Exercise prompt -
Among the entries below, find the line with "(vq : Virtqueue) (queue_size base : ℕ)", then quote it and each following line up to and including the line with "queue_size) ≤ v.used_address)", and nothing else.

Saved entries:
• • • • • • •
-- ===== src/Virtqueue/Memory.antt =====
-- Where `virtqueue_init` (driver/virtio/virtio.c) puts the tables in a queue's memory.
use picokernel.Prelude.{ℕ, ◌+◌, ◌*◌, ◌%◌, ◌^◌, ◌≤◌, ◌<◌, ◌≡◌, refl, arith}
use picokernel.Virtqueue.{Virtqueue, init}

-- For a queue of 1 to 256 entries and a page-aligned memory of 10246 bytes (what
-- `virtqueue_memory_t` has before its own alignment) below 2 ^ 64, the three tables lie in the
-- memory one after another without overlap, and the used ring is page-aligned.
pub init_layout :
    (vq : Virtqueue) (queue_size base : ℕ)
    → 0 < queue_size
    → queue_size ≤ 256
    → base % 4096 ≡ 0
    → base + 10_246 < 2 ^ 64
    → let v = init vq queue_size base in
      (v.desc_address ≡ base)
      × (v.desc_address + 16 * queue_size ≤ v.avail_address)
      × (v.avail_address + (6 + 2 * queue_size) ≤ v.used_address)
      × (v.used_address + (6 + 8 * queue_size) ≤ base + 10_246)
      × (v.used_address % 4096 ≡ 0)
unfolding init
init_layout vq queue_size base lo hi aligned fits =
    (refl, omega arith, omega arith, omega arith, omega arith)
• • • • • • •
Final answer -
    (vq : Virtqueue) (queue_size base : ℕ)
    → 0 < queue_size
    → queue_size ≤ 256
    → base % 4096 ≡ 0
    → base + 10_246 < 2 ^ 64
    → let v = init vq queue_size base in
      (v.desc_address ≡ base)
      × (v.desc_address + 16 * queue_size ≤ v.avail_address)
      × (v.avail_address + (6 + 2 * queue_size) ≤ v.used_address)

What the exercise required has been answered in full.